What happened next changed the future of medicine for rare disease families.

What They Did for Baby KJ

Dr. Rebecca Ahrens-Nicklas, a geneticist at CHOP who specializes in metabolic diseases, and Dr. Kiran Musunuru, a gene editing expert at Penn Medicine, had been preparing for a case exactly like KJ's. For two years, they had been developing a faster way to create custom gene editing treatments for babies born with these kinds of enzyme deficiencies. They had already shown it could work in mice. They were waiting for the right patient.

When KJ was diagnosed in August 2024, they had a crucial insight: KJ's disease was caused by a single-letter mistake in his DNA. Out of 3 billion letters in the human genetic code, one was wrong. That one wrong letter was enough to shut down a critical enzyme and put his life at risk.

But because it was a single-letter mistake, it was also fixable with a technology called base editing, a precise form of the CRISPR gene editing tool. Think of it like a spell-checker for DNA: it finds the one wrong letter and swaps it for the correct one, without cutting or breaking the DNA strand.

The team designed a custom base editor programmed specifically for KJ's mutation. They packaged it inside tiny particles called lipid nanoparticles (essentially microscopic fat bubbles) that would carry the medicine through his bloodstream and into his liver cells, exactly where the broken enzyme was supposed to work.

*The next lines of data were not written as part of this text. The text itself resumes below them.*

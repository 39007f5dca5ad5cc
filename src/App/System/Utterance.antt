-- ===== src/App/System/Utterance.antt =====
-- What an utterance records, from the key that starts it over the rounds of the microphone's thread to
-- the key that ends it.
use xiaozhi.App.Actions.{check, report, open_upload, upload_on, stop_listen}
use xiaozhi.App.Loop.{dispatch, dispatch_type}
use xiaozhi.App.Send.{send_built, send_listen_stop, with_dump, open_opus_dump_file}
use xiaozhi.App.State.{App, World, set_state, push_event, upload_off, close_opus_dump_file}
use xiaozhi.App.System.{measured, hear}
use xiaozhi.App.System.Microphone.{sent, hear-whole}
use xiaozhi.App.Talk.{
  CanSend, start_text, sends, in_state, start-CanSend, start-dispatch, built-client,
}
use xiaozhi.App.Talk.Ending.{stop_event}
use xiaozhi.Base.{
  ℕ, ◌+◌, ◌^◌, ◌<◌, ◌≡◌, refl, ap, ◌∙◌, Bool, true, false, List, [], ◌∷◌, Option, some, Status, ok,
  failed, arith, length, map, drop, if◌then◌else◌,
}
use xiaozhi.Base.Int.{ℤ}
use xiaozhi.Base.Strings.{Bytes, codes, is_empty}
use xiaozhi.Capture.{Capture, measure, set_uploading}
use xiaozhi.Dump.{Dump, open_dump, close_dump, close_file, write_packet}
use xiaozhi.Dump.Decode.{Host}
use xiaozhi.Dump.Laws.{AllSized, record_all}
use xiaozhi.Dump.Wav.{main}
use xiaozhi.Dump.Wav.Fields.{Describes, all_pcm, recorded_plays}
use xiaozhi.Event.{Event, EventType}
use xiaozhi.Opus.{Encoder, encode_frame}
use xiaozhi.Protocol.{build_listen_stop_manual}
use xiaozhi.Session.{State}

-- A chunk of samples, and the packet that libopus makes of it.
pub record Sound : Type 0 where
  pub pcm : List ℤ
  pub frames : ℕ
  pub packet : Bytes

abbrev pub packets : List Sound → List Bytes
packets sounds = map (λ (s : Sound). s.packet) sounds

-- Every chunk is of the encoder's size.
abbrev pub AllEncoded : Encoder → List Sound → Type 0
AllEncoded enc [] = Unit
AllEncoded enc (s ∷ sounds) =
    (encode_frame enc s.frames (some s.packet) ≡ some s.packet) × AllEncoded enc sounds

-- A round of the microphone's thread for each chunk, with every packet written whole.
unfoldable pub hear_all : App → List Sound → App
hear_all app [] = app
hear_all app (s ∷ sounds) =
    hear_all (hear app (some (s.pcm, s.frames)) (some s.packet) 2 (length s.packet)) sounds

-- A runtime that records with this encoder.
record Recording (enc : Encoder) (app : App) : Type 0 where
  state : app.session.state ≡ State.uploading_audio
  uploading : app.upload_enabled ≡ true
  running : app.capture.running ≡ true
  mutex : app.dump_mutex_initialized ≡ true
  encoder : app.encoder ≡ enc

opened :
    {Item : Type 0} (w : World Item) (app : App) (x : Status × App)
    → w.in_build ≡ true
    → app.capture.running ≡ true
    → app.dump_mutex_initialized ≡ true
    → x.0 ≡ ok
    → (client : xiaozhi.Client.State.Client) × (x.1 ≡ record app { client = client })
    → Recording app.encoder (open_upload w x)
      × ((open_upload w x).dump ≡ (open_dump app.dump true w.in_tmp).1)
unfolding open_upload upload_on open_opus_dump_file open_dump with_dump set_state set_uploading
opened w app (failed, a) b r m e (c, f) = cc
opened w app (ok, a) b r m e (c, f) =
    rw (f, b)
      (record { state = refl; uploading = refl; running = r; mutex = m; encoder = refl }, refl)

start-Recording :
    {Item : Type 0} (w : World Item) (app : App) (e : Event)
    → CanSend w app
    → w.in_build ≡ true
    → app.capture.running ≡ true
    → app.dump_mutex_initialized ≡ true
    → app.session.state ≡ State.ready
    → e.type ≡ EventType.manual_start
    → Recording app.encoder (dispatch w app e)
      × ((dispatch w app e).dump ≡ (open_dump app.dump true w.in_tmp).1)
unfolding in_state
start-Recording w app e c b r m s t =
    let a = in_state app State.uploading_audio in
    let p = start_text app.session_id in
    rw (start-dispatch w app e c s t) (
      opened w a (send_built w a (ok, p)) b r m (sends w a p (start-CanSend w app c)).0
        (built-client w a p))

measure-running :
    (c : Capture) (uploading : Bool) (pcm : List ℤ) (n : ℕ)
    → (measure c uploading pcm n).1.running ≡ c.running
unfolding measure
measure-running c uploading pcm n = ground arith

measured-Recording :
    {enc : Encoder} (app : App) (m : Bool × Capture)
    → m.1.running ≡ true
    → Recording enc app
    → Recording enc (measured app m) × ((measured app m).dump ≡ app.dump)
unfolding measured
measured-Recording app (true, c) r k = (
  record {
    state = k.state;
    uploading = k.uploading;
    running = r;
    mutex = k.mutex;
    encoder = k.encoder;
  },
  refl,
)
measured-Recording app (false, c) r k = (
  record {
    state = k.state;
    uploading = k.uploading;
    running = r;
    mutex = k.mutex;
    encoder = k.encoder;
  },
  refl,
)

-- A round records its packet.
hear-Recording :
    {enc : Encoder} (app : App) (s : Sound)
    → Recording enc app
    → encode_frame enc s.frames (some s.packet) ≡ some s.packet
    → 0 < length s.packet
    → let heard = hear app (some (s.pcm, s.frames)) (some s.packet) 2 (length s.packet) in
      Recording enc heard
      × (heard.dump ≡ (write_packet app.dump s.packet true 2 (length s.packet)).1)
hear-Recording {enc} app s k e h =
    let m = measure app.capture app.capture.uploading s.pcm s.frames in
    let encoded = ap (λ enc. encode_frame enc s.frames (some s.packet)) k.encoder ∙ e in
    let kept =
      measured-Recording {enc = enc} (sent app s.packet) m
        (measure-running app.capture app.capture.uploading s.pcm s.frames ∙ k.running)
        (record {
          state = k.state;
          uploading = k.uploading;
          running = k.running;
          mutex = k.mutex;
          encoder = k.encoder;
        }) in
    rw (hear-whole app s.pcm s.frames (some s.packet) s.packet k.running k.uploading encoded h)
      (kept.0, kept.1 ∙ ap (λ b. (write_packet app.dump s.packet b 2 (length s.packet)).1) k.mutex)

hear_all-Recording :
    {enc : Encoder} (sounds : List Sound) (app : App)
    → Recording enc app
    → AllEncoded enc sounds
    → AllSized (packets sounds)
    → Recording enc (hear_all app sounds)
      × ((hear_all app sounds).dump ≡ record_all app.dump (packets sounds))
unfolding hear_all
hear_all-Recording [] app k e h = (k, refl)
hear_all-Recording (s ∷ sounds) app k e h =
    let one = hear-Recording app s k e.0 h.0.0 in
    let next = hear app (some (s.pcm, s.frames)) (some s.packet) 2 (length s.packet) in
    let rest = hear_all-Recording sounds next one.0 e.1 h.1 in
    (rest.0, rest.1 ∙ ap (λ d. record_all d (packets sounds)) one.1)

check-dump : (message : Bytes) (x : Status × App) → (check message x).dump ≡ x.1.dump
unfolding check report push_event
check-dump message (ok, app) = refl
check-dump message (failed, app) = refl

built-dump :
    {Item : Type 0} (w : World Item) (app : App) (x : Status × Bytes)
    → (send_built w app x).1.dump ≡ app.dump
unfolding send_built
built-dump w app (ok, p) = refl
built-dump w app (failed, p) = refl

if-dump :
    (b : Bool) (x y : Status × App) (d : Dump)
    → x.1.dump ≡ d
    → y.1.dump ≡ d
    → (if b then x else y).1.dump ≡ d
if-dump true x y d e f = e
if-dump false x y d e f = f

stop_sent-dump :
    {Item : Type 0} (w : World Item) (app : App) → (send_listen_stop w app).1.dump ≡ app.dump
unfolding send_listen_stop
stop_sent-dump w app =
    if-dump (is_empty app.session_id) (failed, app)
      (send_built w app (build_listen_stop_manual app.session_id 256)) app.dump refl
      (built-dump w app (build_listen_stop_manual app.session_id 256))

-- The end of an utterance closes the dump, whether or not the message can be sent.
stop-dump :
    {Item : Type 0} (w : World Item) (app : App) (e : Event)
    → app.session.state ≡ State.uploading_audio
    → e.type ≡ EventType.manual_stop
    → (dispatch w app e).dump ≡ close_dump app.dump app.dump_mutex_initialized
unfolding dispatch dispatch_type stop_listen close_opus_dump_file upload_off in_state
stop-dump w app e s t =
    let a = close_opus_dump_file (upload_off (in_state app State.waiting_tts)) in
    rw (t, stop_event w app s)
      (check-dump (codes "failed to queue listen stop") (send_listen_stop w a) ∙ stop_sent-dump w a)

-- What is said can be heard: in READY, with a session that the server named, the key that starts an
-- utterance, the rounds of the microphone's thread and the key that ends it save a file, from which
-- tools/decode_opus_dump.c makes a WAV file with exit status 0; a reader of that file finds a header
-- for 16-bit samples of one channel at 16000 Hz with the true number of bytes of samples, and behind
-- it the samples of all packets, in order. The microphone runs, the start finds memory and opens its
-- dump file, libopus makes a packet of 1 to 65535 bytes of each chunk, and each is written whole; the
-- tool opens its files, gets its memory, writes its samples, and they are fewer than 2^32 - 36 bytes;
-- more rounds than packets are fuel enough. Whether "listen stop" can be sent does not matter. No other
-- thread takes a step within a round.
pub utterance_plays :
    {Item : Type 0} (w w' : World Item) (app : App) (start stop : Event) (sounds : List Sound)
    (host : Host) (decode : ℕ → Bytes → Option Bytes) (short fuel : ℕ)
    → CanSend w app
    → w.in_build ≡ true
    → app.capture.running ≡ true
    → app.dump_mutex_initialized ≡ true
    → app.session.state ≡ State.ready
    → start.type ≡ EventType.manual_start
    → stop.type ≡ EventType.manual_stop
    → AllEncoded app.encoder sounds
    → AllSized (packets sounds)
    → ((n : ℕ) → host.memory n ≡ true)
    → ((p : Bytes) → host.samples_written p ≡ true)
    → length (packets sounds) < fuel
    → 36 + length (all_pcm decode 0 (packets sounds)) < 2 ^ 32
    → (bytes : Bytes) × (wav : Bytes) × ((dispatch w'
          (hear_all (dispatch w app start) sounds)
          stop).dump.saved
        ≡ bytes ∷ (close_file app.dump).saved)
      × (main fuel host decode short (some bytes) true true
          ≡ some (record { status = 0; output = some wav }))
      × Describes wav (length (all_pcm decode 0 (packets sounds))) 16000 1 16
      × (drop 44 wav ≡ all_pcm decode 0 (packets sounds))
utterance_plays w w' app start stop sounds host decode short fuel c b r m s t t' e h k l f n =
    let first = start-Recording w app start c b r m s t in
    let heard = hear_all-Recording sounds (dispatch w app start) first.0 e h in
    let dump =
      stop-dump w' (hear_all (dispatch w app start) sounds) stop heard.0.state t'
      ∙ ap (λ i. close_dump (hear_all (dispatch w app start) sounds).dump i) heard.0.mutex
      ∙ ap (λ d. close_dump d true) (heard.1 ∙ ap (λ d. record_all d (packets sounds)) first.1) in
    let (bytes, wav, saved, plays, described, samples) =
      recorded_plays app.dump w.in_tmp host decode short fuel (packets sounds) k l h f n in
    (bytes, wav, ap (λ (d : Dump). d.saved) dump ∙ saved, plays, described, samples)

But before they could treat KJ, they had to make sure it was safe. Dr. Fyodor Urnov at the Innovative Genomics Institute (IGI) at UC Berkeley led the safety analysis, scanning KJ's entire genome to check that the editor would not accidentally change DNA in the wrong place. Jackson Laboratory created a custom mouse with KJ's exact mutation to test the treatment before it reached a human patient. Companies including Aldevron, IDT, Acuitas Therapeutics, and Danaher provided manufacturing and materials support. More than 80 people across the country worked through the fall and winter, including over the holidays.

David Liu, the Harvard scientist who invented base editing, helped optimize the treatment's precision. Ben Kleinstiver at Massachusetts General Hospital contributed to designing the guide that directs the editor to the right spot.

The FDA reviewed their application and approved it in one week.

On February 25, 2025, when KJ was about six months old, he received his first dose through an IV line. He slept through the whole thing.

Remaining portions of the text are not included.